I, particularly, liked the battle scenes and my husband was taken by the portrayal of the trees, Also, noteworthy are the depiction of the boats. For people who had no photographs to capture the moment, this tapestry was able to closely capture what was happening much like religious paintings and tapestries have been able to retell the story of the bible. The Bayeux Tapestry is unique in that it is actually embroidered and not woven like normal tapestries. I would assume that embroidery like this that commemorate important events was a common practice. Unfortunately,  none have survived intact like The Bayeux Tapestry.

Trees as depicted on The Bayeux Tapestry.
It seems the trees were used as a demarcation point for the start of a new scene.
The sailing vessels on The Bayeux Tapestry

For more information on The Bayeux Tapestry, please view the following sites:

http://www.essentialnormanconquest.com/story/who-created-it.htm Great historical resource about the Tapestry and The Battle of Hastings

http://en.wikipedia.org/wiki/Bayeux_Tapestry  or http://upload.wikimedia.org/wikipedia/commons/f/fe/Tapisserie_de_Bayeux_31109.jpg
you can scroll through the entire Bayeux Tapestry.

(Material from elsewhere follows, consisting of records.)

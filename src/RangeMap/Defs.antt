-- ===== src/RangeMap/Defs.antt =====
-- src/process/user_space/range_map.rs: `RangeMap<U, V>` at addresses, `[start, end) -> value`.
-- A closure that takes `&mut V` returns the value that it leaves there. What `release` is called
-- with is kept in a log, the latest call first.
use mankoros.Base.{
  ℕ, zero, suc, Bool, true, false, ◌&&◌, Option, none, some, [], ◌∷◌, ltb, leb, ◌==◌, if◌then◌else◌,
  max, length, Run, ok, panic, ◌>>=◌, ◌>>◌, assert, unwrap,
}
use mankoros.BTreeMap
use mankoros.BTreeMap.{Map}

pub record Node {ℓ} (V : Type ℓ) : Type ℓ where
  pub end : ℕ
  pub value : V

abbrev pub RangeMap {ℓ} : Type ℓ → Type ℓ
RangeMap V = Map (Node V)

-- `FnMut(&mut V, U, Range<U>) -> V`: the value left in place, and the value returned
abbrev pub Split {ℓ} : Type ℓ → Type ℓ
Split V = V → ℕ → ℕ → ℕ → Run (V × V)

abbrev pub last_upto {ℓ} : {V : Type ℓ} → ℕ → RangeMap V → Option (ℕ × Node V)
last_upto k m = BTreeMap.last_below (suc k) m

module _ {ℓ} {V : Type ℓ} where
  -- `none` is `Err(value)`
  unfoldable pub try_insert : RangeMap V → ℕ → ℕ → V → Run (Option (RangeMap V))
  try_insert m start end value = do
    assert (ltb start end)
    let fresh = unwrap (BTreeMap.try_insert start (record { end = end; value = value }) m)
    let done : Run (Option (RangeMap V)) = fresh >>= λ m'. ok (some m')
    elim (BTreeMap.last_below end m) [
      | some (_, node) ↦ if ltb start node.end then ok none else done
      | none ↦ done
    ]

  unfoldable pub get : RangeMap V → ℕ → Option (ℕ × ℕ × V)
  get m key = elim (last_upto key m) [
    | none ↦ none
    | some (start, node) ↦ if ltb key node.end then some (start, node.end, node.value) else none
  ]

  -- the `for` loop of `find_free_range`: `none` is its `return None`
  unfoldable pub find_free_loop : ℕ → ℕ → (ℕ → ℕ → Run ℕ) → ℕ → RangeMap V → Run (Option ℕ)
  find_free_loop end size offset start [] = ok (some start)
  find_free_loop end size offset start ((n_start, node) ∷ r) =
      let rest = find_free_loop end size offset node.end r in
      offset node.end size >>= λ xend.
      if ltb end xend then ok none else if leb xend n_start then ok (some start) else rest

  -- `find_free_range` from the loop on; `range(start..end)` panics where `end < start`
  unfoldable pub find_free_from : RangeMap V → ℕ → ℕ → (ℕ → ℕ → Run ℕ) → ℕ → Run (Option (ℕ × ℕ))
  find_free_from m end size offset start = do
    assert (leb start end)
    found ← find_free_loop end size offset start (BTreeMap.between start end m)
    elim found [
      | none ↦ ok none
      | some s ↦ offset s size >>= λ t. assert (leb t end) >> ok (some (s, t))
    ]

  -- `offset` adds a length to an address, rounded up; it panics where the sum overflows.
  unfoldable pub find_free_range : RangeMap V → ℕ → ℕ → ℕ → (ℕ → ℕ → Run ℕ) → Run (Option (ℕ × ℕ))
  find_free_range m start end size offset = do
    first_end ← offset start size
    let search = find_free_from m end size offset start
    let searched : Run (Option (ℕ × ℕ)) = elim (BTreeMap.last_below start m) [
      | none ↦ search
      | some (_, node) ↦ offset node.end size >>= λ xend.
          assert (leb xend end) >> find_free_from m end size offset (max start node.end)
    ]
    if ltb end first_end then ok none else searched

  -- `true` is `Ok(())`
  unfoldable pub range_is_free : RangeMap V → ℕ → ℕ → Run Bool
  range_is_free m start end =
      let rest : Bool = elim (BTreeMap.first_between start end m) [
        | some _ ↦ false
        | none ↦ true
      ] in
      if leb end start then ok false else elim (BTreeMap.last_below start m) [
        | none ↦ ok rest
        | some (_, node) ↦ if ltb start node.end then ok false else ok rest
      ]

  unfoldable pub range_contain : RangeMap V → ℕ → ℕ → Option V
  range_contain m start end = elim (last_upto start m) [
    | none ↦ none
    | some (_, node) ↦ if leb end node.end then some node.value else none
  ]

  unfoldable pub range_match : RangeMap V → ℕ → ℕ → Option V
  range_match m start end = elim (last_upto start m) [
    | none ↦ none
    | some (n_start, node) ↦ if n_start == start && node.end == end then some node.value else none
  ]

  unfoldable pub force_remove_one : RangeMap V → ℕ → ℕ → Run (V × RangeMap V)
  force_remove_one m start end = do
    (node, m') ← unwrap (BTreeMap.remove start m)
    assert (node.end == end)
    ok (node.value, m')

  -- the three parts of `remove`, each from the map and the log so far
  unfoldable pub remove_left :
      Split V → RangeMap V × RangeMap V → ℕ → ℕ → Run (RangeMap V × RangeMap V)
  remove_left split_r (m, log) start end = elim (BTreeMap.last_below start m) [
    | none ↦ ok (m, log)
    | some (n_start, node) ↦
        let cut : Run (RangeMap V × RangeMap V) = do
          (v_l, v_m) ← split_r node.value start n_start node.end
          let m' = BTreeMap.put n_start (record { end = start; value = v_l }) m
          let middle : Run (RangeMap V × RangeMap V) = do
            (v_m', v_r) ← split_r v_m end start node.end
            m'' ← unwrap (BTreeMap.try_insert end (record { end = node.end; value = v_r }) m')
            ok (m'', (start, record { end = end; value = v_m' }) ∷ log)
          let tail : Run (RangeMap V × RangeMap V) =
              ok (m', (start, record { end = node.end; value = v_m }) ∷ log)
          if ltb end node.end then middle else tail
        in if ltb start node.end then cut else ok (m, log)
  ]

  unfoldable pub remove_right :
      Split V → RangeMap V × RangeMap V → ℕ → Run (RangeMap V × RangeMap V)
  remove_right split_l (m, log) end = elim (BTreeMap.last_below end m) [
    | none ↦ ok (m, log)
    | some (n_start, node) ↦
        let cut : Run (RangeMap V × RangeMap V) = do
          (v_r, v_c) ← split_l node.value end n_start node.end
          let m' = BTreeMap.put n_start (record node { value = v_r }) m
          (node', rest) ← unwrap (BTreeMap.remove n_start m')
          m'' ← unwrap (BTreeMap.try_insert end node' rest)
          ok (m'', (n_start, record { end = end; value = v_c }) ∷ log)
        in if ltb end node.end then cut else ok (m, log)
  ]

  -- Each round removes an entry, so one more than their number is enough fuel.
  unfoldable pub remove_inner : ℕ → RangeMap V × RangeMap V → ℕ → ℕ → Run (RangeMap V × RangeMap V)
  remove_inner zero (m, log) start end = panic
  remove_inner (suc fuel) (m, log) start end = elim (BTreeMap.first_between start end m) [
    | none ↦ ok (m, log)
    | some (n_start, _) ↦ unwrap (BTreeMap.remove n_start m) >>= λ (node, rest).
        remove_inner fuel (rest, (n_start, node) ∷ log) start end
  ]

  unfoldable pub remove :
      RangeMap V → ℕ → ℕ → Split V → Split V → RangeMap V → Run (RangeMap V × RangeMap V)
  remove m start end split_l split_r log = if leb end start then ok (m, log) else (do
    s ← remove_left split_r (m, log) start end
    t ← remove_right split_l s end
    remove_inner (suc (length t.0)) t start end)

  unfoldable pub replace :
      RangeMap V → ℕ → ℕ → V → Split V → Split V → RangeMap V → Run (RangeMap V × RangeMap V)
  replace m start end value split_l split_r log = do
    (m', log') ← remove m start end split_l split_r log
    m'' ← unwrap (BTreeMap.try_insert start (record { end = end; value = value }) m')
    ok (m'', log')

  unfoldable pub split_at : RangeMap V → ℕ → Split V → Run (RangeMap V)
  split_at m p split_r = do
    (start, node) ← unwrap (BTreeMap.last_below p m)
    assert (ltb p node.end)
    (v_l, v_r) ← split_r node.value p start node.end
    let m' = BTreeMap.put start (record { end = p; value = v_l }) m
    unwrap (BTreeMap.try_insert p (record { end = node.end; value = v_r }) m')

  unfoldable pub split_at_maybe : RangeMap V → ℕ → Split V → Run (RangeMap V)
  split_at_maybe m p split_r = elim (BTreeMap.last_below p m) [
    | none ↦ ok m
    | some (start, node) ↦
        let cut : Run (RangeMap V) = do
          (v_l, v_r) ← split_r node.value p start node.end
          let m' = BTreeMap.put start (record { end = p; value = v_l }) m
          unwrap (BTreeMap.try_insert p (record { end = node.end; value = v_r }) m')
        in if leb node.end p then ok m else cut
  ]

  -- `l_run` and `r_run` change the value that they are given
  unfoldable pub split_at_run :
      RangeMap V → ℕ → Split V → (V → ℕ → ℕ → V) → (V → ℕ → ℕ → V) → Run (RangeMap V)
  split_at_run m p split_r l_run r_run = do
    (start, node) ← unwrap (BTreeMap.last_below p m)
    assert (ltb p node.end)
    (v_l, v_r) ← split_r node.value p start node.end
    let m' = BTreeMap.put start (record { end = p; value = l_run v_l start p }) m
    let right : Node V = record { end = node.end; value = r_run v_r p node.end }
    unwrap (BTreeMap.try_insert p right m')

  -- every segment is released in order; the log has the latest first
  unfoldable pub clear_log : RangeMap V → RangeMap V → RangeMap V
  clear_log [] log = log
  clear_log ((n_start, node) ∷ m) log = clear_log m ((n_start, node) ∷ log)

  unfoldable pub clear : RangeMap V → RangeMap V → RangeMap V × RangeMap V
  clear m log = ([], clear_log m log)

  unfoldable pub fork_into : (V → V) → RangeMap V → RangeMap V → Run (RangeMap V)
  fork_into f new [] = ok new
  fork_into f new ((a, node) ∷ m) =
      unwrap (BTreeMap.try_insert a (record { end = node.end; value = f node.value }) new)
      >>= λ new'. fork_into f new' m

  unfoldable pub fork : RangeMap V → (V → V) → Run (RangeMap V)
  fork m f = fork_into f [] m

  -- `merge` with the segment after it: the map, and the segment as it then is
  unfoldable pub merge_next : RangeMap V → ℕ → Node V → (V → V → Bool) → RangeMap V × Node V
  merge_next m start cur f = elim (BTreeMap.get cur.end m) [
    | none ↦ (m, cur)
    | some nxt ↦
        let grown = record cur { end = nxt.end } in
        if f cur.value nxt.value
        then (BTreeMap.put start grown (BTreeMap.erase cur.end m), grown)
        else (m, cur)
  ]

  unfoldable pub merge_prev : RangeMap V → ℕ → Node V → (V → V → Bool) → RangeMap V
  merge_prev m start cur f = elim (BTreeMap.last_below start m) [
    | none ↦ m
    | some (s, n) ↦
        if n.end == start && f n.value cur.value
        then BTreeMap.erase start (BTreeMap.put s (record n { end = cur.end }) m)
        else m
  ]

  unfoldable pub merge : RangeMap V → ℕ → ℕ → (V → V → Bool) → Run (RangeMap V)
  merge m start end f = do
    cur ← unwrap (BTreeMap.get start m)
    assert (cur.end == end)
    let (m', cur') = merge_next m start cur f
    ok (merge_prev m' start cur' f)

  -- `none` is `Err(())`
  unfoldable pub extend_back : RangeMap V → ℕ → ℕ → Run (Option (RangeMap V))
  extend_back m start new_end = do
    node ← unwrap (BTreeMap.get start m)
    free ← range_is_free m node.end new_end
    ok (if free then some (BTreeMap.put start (record node { end = new_end }) m) else none)

  -- the range that was cut off, and the map; `none` is `Err(())`
  unfoldable pub reduce_back : RangeMap V → ℕ → ℕ → Run (Option (ℕ × ℕ × RangeMap V))
  reduce_back m start new_end = do
    node ← unwrap (BTreeMap.get start m)
    let m' =
        if start == new_end
        then BTreeMap.erase start m
        else BTreeMap.put start (record node { end = new_end }) m
    ok (if leb start new_end && ltb new_end node.end then some (new_end, node.end, m') else none)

There are some great books also, particularly David M. Wilson's The Bayeux Tapestry. The photography in the book is such that you feel can almost touch the stitches.



The Old Mill on a canal


After partaking of crepes and galettes for lunch at the nearby Le Moulin de la Galette and having pictures taken by the old mill on the canal,  we walked to the imposing Cathedrale Notre Dame de Bayeux. As we were walking we noticed  small bronze insets on the cobbled- stone streets  with a representation of the Bayeux Tapestry trees.

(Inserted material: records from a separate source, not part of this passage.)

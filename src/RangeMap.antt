-- ===== src/RangeMap.antt =====
-- The interval map of user address spaces, src/process/user_space/range_map.rs.
mod Defs
pub mod View
pub mod Parts
pub mod Lookup
pub mod Free
pub mod FindFree
pub mod Insert
pub mod Clear
pub mod Remove
pub mod Split
pub mod Resize
pub mod Merge
unfoldable pub use Defs.*
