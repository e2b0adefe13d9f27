-- ===== src/UserSpace/Perm.antt =====
-- The permissions of an area and the accesses that fault, src/process/user_space/user_area.rs.
use mankoros.Base.{Bool, true, false, not, ◌&&◌, if◌then◌else◌, Run, ok, panic}
use mankoros.Pte.{PteFlags, no_flags}

pub record UserAreaPerm : Type 0 where
  pub read : Bool
  pub write : Bool
  pub execute : Bool

abbrev pub read_write : UserAreaPerm
read_write = record { read = true; write = true; execute = false }

unfoldable pub match_area_perm : PteFlags → UserAreaPerm → Bool
match_area_perm f perm =
    if perm.read && not f.r
    then false
    else if perm.write && not f.w
    then false
    else if perm.execute && not f.x
    then false
    else true

-- `From<UserAreaPerm> for PTEFlags`
unfoldable pub pte_flags_of : UserAreaPerm → PteFlags
pte_flags_of val =
    let base = record no_flags { v = true; u = true } in
    let with_read = if val.read then record base { r = true; a = true } else base in
    let with_write = if val.write then record with_read { w = true; d = true } else with_read in
    if val.execute then record with_write { x = true } else with_write

pub record PageFaultAccessType : Type 0 where
  pub read : Bool
  pub write : Bool
  pub execute : Bool

abbrev pub ro : PageFaultAccessType
ro = record { read = true; write = false; execute = false }

abbrev pub rw_access : PageFaultAccessType
rw_access = record { read = true; write = true; execute = false }

abbrev pub rx : PageFaultAccessType
rx = record { read = true; write = false; execute = true }

-- `From<UserAreaPerm> for PageFaultAccessType`
unfoldable pub access_of : UserAreaPerm → PageFaultAccessType
access_of val = if val.write then rw_access else if val.execute then rx else ro

-- the causes of a trap that are named, and any other
pub data Exception : Type 0 where
  instruction_page_fault : Exception
  load_page_fault : Exception
  store_page_fault : Exception
  other_exception : Exception

unfoldable pub from_exception : Exception → Run PageFaultAccessType
from_exception instruction_page_fault = ok rx
from_exception load_page_fault = ok ro
from_exception store_page_fault = ok rw_access
from_exception other_exception = panic

unfoldable pub can_access : PageFaultAccessType → UserAreaPerm → Bool
can_access access flag =
    if access.write && not flag.write
    then false
    else if access.execute && not flag.execute
    then false
    else true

Bayeux Tapestry tree on bronze insets on the street

The Notre Dame Cathedral of Bayeux dominates the entire town by its massive scale. While it occupied a great deal of land, it was surprising that the cathedral only had a very small square in front. It was in the process of restoration so some areas of the outside were covered with  scaffolding. We were told that the cathedral was closed due to the repairs but when we got to the main doors, we tried to see if they would open and they did.

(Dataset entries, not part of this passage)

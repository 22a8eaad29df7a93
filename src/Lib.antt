-- ===== src/Lib.antt =====
-- RollPig Cloud: the coordination of roasts between several chat bots.
--
-- The server keeps one database. Bots send requests, each of which is one transaction, and the rules
-- that have to hold whichever bot asks and however often it retries are kept in the services. The
-- parts that are modelled, and how they work together:
--
-- - Charges: a roast costs a charge that recovers with time, and a force chance once a day.
-- - Protections: a user is protected at a level that grows with the roasts that succeed.
-- - Growth: a roll gives a copy of a pig, and a feed once a day raises its level.
-- - Rolls: the first request of a user for a day fixes the user's pig and lets the roasts that wait for
--   it start.
-- - Reservations: a roast of a user waits for the user's roll; others join it, and a protected user
--   is roasted only with enough fire. Creating one spends a charge or the force chance.
-- - Delivery: a bot claims a reservation that is ready, fixes the outcome, sends the message and
--   completes it. A claim that is abandoned is taken over by another one.
-- - Events: what a roast did to whom, recorded under the identity of its reservation.
-- - Messages: a reply to the message of a reservation joins it.
-- - Refills: a vote of a group's active members fills their charges.
-- - Reports: each evening one bot sends a group's daily report. It claims the report, sends it, and
--   confirms it; a rejected report is claimed again after a delay, until the deadline.
-- - Keys: each bot has a key, and its requests are counted by key, day and operation.
-- - Reading: the pigs that a group has seen, a user's growth and collection, and the catalog.
--
-- Which file models what:
--
-- - Base: Boolean tests, tables as lists of rows with the queries of the code (`find` for a look-up,
--   `select` for WHERE, `update` for UPDATE), numbers of requests, sorted sets of identifiers.
-- - Store: rollpig_cloud/models.py, the rows and the `Session` that holds the tables. A request is a
--   function from a session to an answer and a session.
-- - Usage: rollpig_cloud/services/usage.py. `consume_charge` is the part of `consume_roast_usage` for
--   a row that exists and `first_charge` the part for a new one.
-- - Protection: the levels of rollpig_cloud/services/protections.py. Granting: its
--   `sync_pending_protection`, and rollpig_cloud/routers/protections.py, with
--   `replace_group` in Granting/Replace.
-- - Progress: `apply_created_roll_progress` and `apply_daily_feed` of
--   rollpig_cloud/services/progress.py; `grow` is the end of the latter. Progress/Answers has
--   `build_lookup_response`, split into `historic_response` and `current_response`, and
--   `build_draw_state_response`.
-- - Activity, Refills: rollpig_cloud/services/roast_refills.py, with `complete_refill` in
--   Refills/Complete. Refills/Routes: rollpig_cloud/routers/roast_refills.py.
-- - Reservation: rollpig_cloud/services/reservations.py. Reservation/Join is the branch of
--   `prepare_reservation` for a reservation that exists, Reservation/Create the branch that creates
--   one, and Reservation/Reconcile the reconciliation with the target's roll and POST /prepare.
-- - Delivery: rollpig_cloud/routers/roast_reservations.py. Functions named `…_row` are what a handler
--   does to the row that it has locked, and the children have the handlers: Claim, Waiting (the notice
--   that a roast waits for fire), Settle (the outcome) and Finish. Delivery/Lifecycle is the state
--   machine as a relation on rows, Delivery/Served a sequence of requests, and Delivery/Phases the
--   contract, told without the handlers.
-- - Messages: `bind_message`, `join_by_message` and `record_unrolled_attempt` of the same router.
-- - Events: rollpig_cloud/services/events.py and POST /events of rollpig_cloud/routers/events.py.
-- - Rolls: rollpig_cloud/routers/daily_rolls.py. `add_roll` is the new row with its growth, and `arrive`
--   what follows it in the group; Rolls/Answered adds the answers and the routes that only read.
-- - Stats: rollpig_cloud/services/roast_statistics.py.
-- - Reports: rollpig_cloud/routers/daily_reports.py. Reports/Claim is `_claim_once`, a round of whose
--   loop is `visit`; Reports/Next is `_next_claim_at`, Reports/Transition `transition_daily_report`,
--   and Reports/Profiles `get_daily_report_profiles`. `visit` and `transition_row` take the row that
--   the transaction has read and the row of the table at the time of its UPDATE.
--   Reports/Lifecycle is the life of a report as a relation, and Reports/Served a sequence of requests.
-- - KeyUsage: rollpig_cloud/services/key_usage.py.
-- - Keys: `parse_api_keys` of rollpig_cloud/config.py and `verify_token` of rollpig_cloud/auth.py.
-- - Groups: rollpig_cloud/routers/group_rolls.py and groups.py. Catalog: rollpig_cloud/routers/catalog.py,
--   collections.py and GET /events of events.py.
-- - Backfill: tools/backfill_p1a_progress.py. LegacyImport: tools/import_legacy_json.py, the import of
--   the rolls and the collections, with its pending rows apart from the stored ones.
-- - Tests: examples, each theorem at a concrete input.
--
-- How the program is read:
--
-- - Identifiers, names and texts are numbers and 0 is the empty text, except in Keys, where texts are
--   lists of code points; a date is a day number and a time a number of seconds. A column that
--   may be NULL is an `Option`. JSON columns with fixed keys are records, in which a missing key has the default that every reader gives it.
-- - Numbers that a client sends and the server clamps are integers, `ℤ` of Base. Stored counts,
--   charges and stamps are natural numbers, as every writer keeps them.
-- - The column `id` is the position of a row. Columns with the time at which a row was made are left
--   out, but in the tables of Reports/Profiles, whose rows are `Stamped`.
-- - The functions stop by recursion on lists. The only bound is the source's own, the three attempts of
--   the route that prepares a refill.
-- - Row locks and retries serialise the transactions that share a row, so each is one step. The order
--   of the steps is any order: it is the list of requests in Delivery/Served, Reports/Served and
--   Refills/Routes.
--   For reports, where SQLite ignores the row locks, the older row that a transaction may have read is
--   an argument. A unique key that a transaction violates is `none`, with which the transaction is
--   rolled back; this is written out in Reservation/Create, Refills/Routes and LegacyImport.
-- - New ids and tokens, the clock and the day are arguments.
--
-- Not modelled: rollpig_cloud/main.py, db.py and migrations.py (set-up, connections, the middleware that
-- calls `record_key_request`, and schema changes), the other settings of config.py, the validators and
-- serialisers of schemas.py, the cut-off times of the lists of events, group rolls and active users, the
-- counts of key usage inside the other routes' transactions, the import of usage, events and
-- protections in tools/import_legacy_json.py, and tools/migrate_roast_charges.py, which calls the
-- set-up. Identifiers are no longer than their columns, so the cuts `[:64]`, `[:192]` and the like are
-- left out. `json.loads` and the digest of a token are not modelled either: Keys takes their results.
pub mod Base
pub mod Usage
pub mod Protection
pub mod Store
pub mod Progress
pub mod Activity
pub mod Reservation
pub mod Events
pub mod Delivery
pub mod Granting
pub mod Messages
pub mod Refills
pub mod Rolls
pub mod Stats
pub mod Reports
pub mod KeyUsage
pub mod Groups
pub mod Catalog
pub mod Keys
pub mod Backfill
pub mod LegacyImport
mod Tests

The dome and spires of the Cathedral dominates the Bayeux skyline

The Cathedrale Notre Dame de Bayeux

The front facade of the Cathedral with the red main doors. Notice how clean it is.

Once inside, we experienced the interior of the cathedral just as it would have looked in the 13th century. Most of the dust, grime and any damages had been cleaned and restored. The glorious stained glass windows captured the light magnificently. We spent a great amount of time exploring the cathedral. The Bayeux Tapestry was kept here through the 18th century, perhaps unveiled in part during the dedication of the Cathedral in 1077 in the presence of William the Conqueror and his wife Matilde. The cathedral was originally built in a Norman-Romanesque style and rebuilt in the Romanesque style after it was badly damage in the war of 1105 but as the rebuilding continued through  the 13th century the style  turned to the Gothic.
Interior of the Cathedral looking towards the main altar. Again notice how bright the walls are.

Stained glass window
Beautiful tracery work


The Pulpit
One of the frescoes in the cathedral
The crypt with 15th century frescoes
I've kept a watercolor journal of this particular trip and here is one of my paintings and the picture I used as reference.

A view of the Cathedral dome and spires
My watercolor painting from my Travel Journal














It is great to see a Cathedral fully restored. I hope that these grand masters of architecture and art continue to be preserved for generations to come,  My friend Yogi and I decided that The Notre Dame of Bayeux would be a wonderful place for a wedding venue.... Perhaps, when my husband and I renew our vows on our 50th anniversary. But then again it is now a toss up between the Papal Basilica of St, Francis in Assisi. Fingers crossed.

A rock pile ceases to be a rock pile the moment a single man contemplates it, bearing within him the image of a cathedral.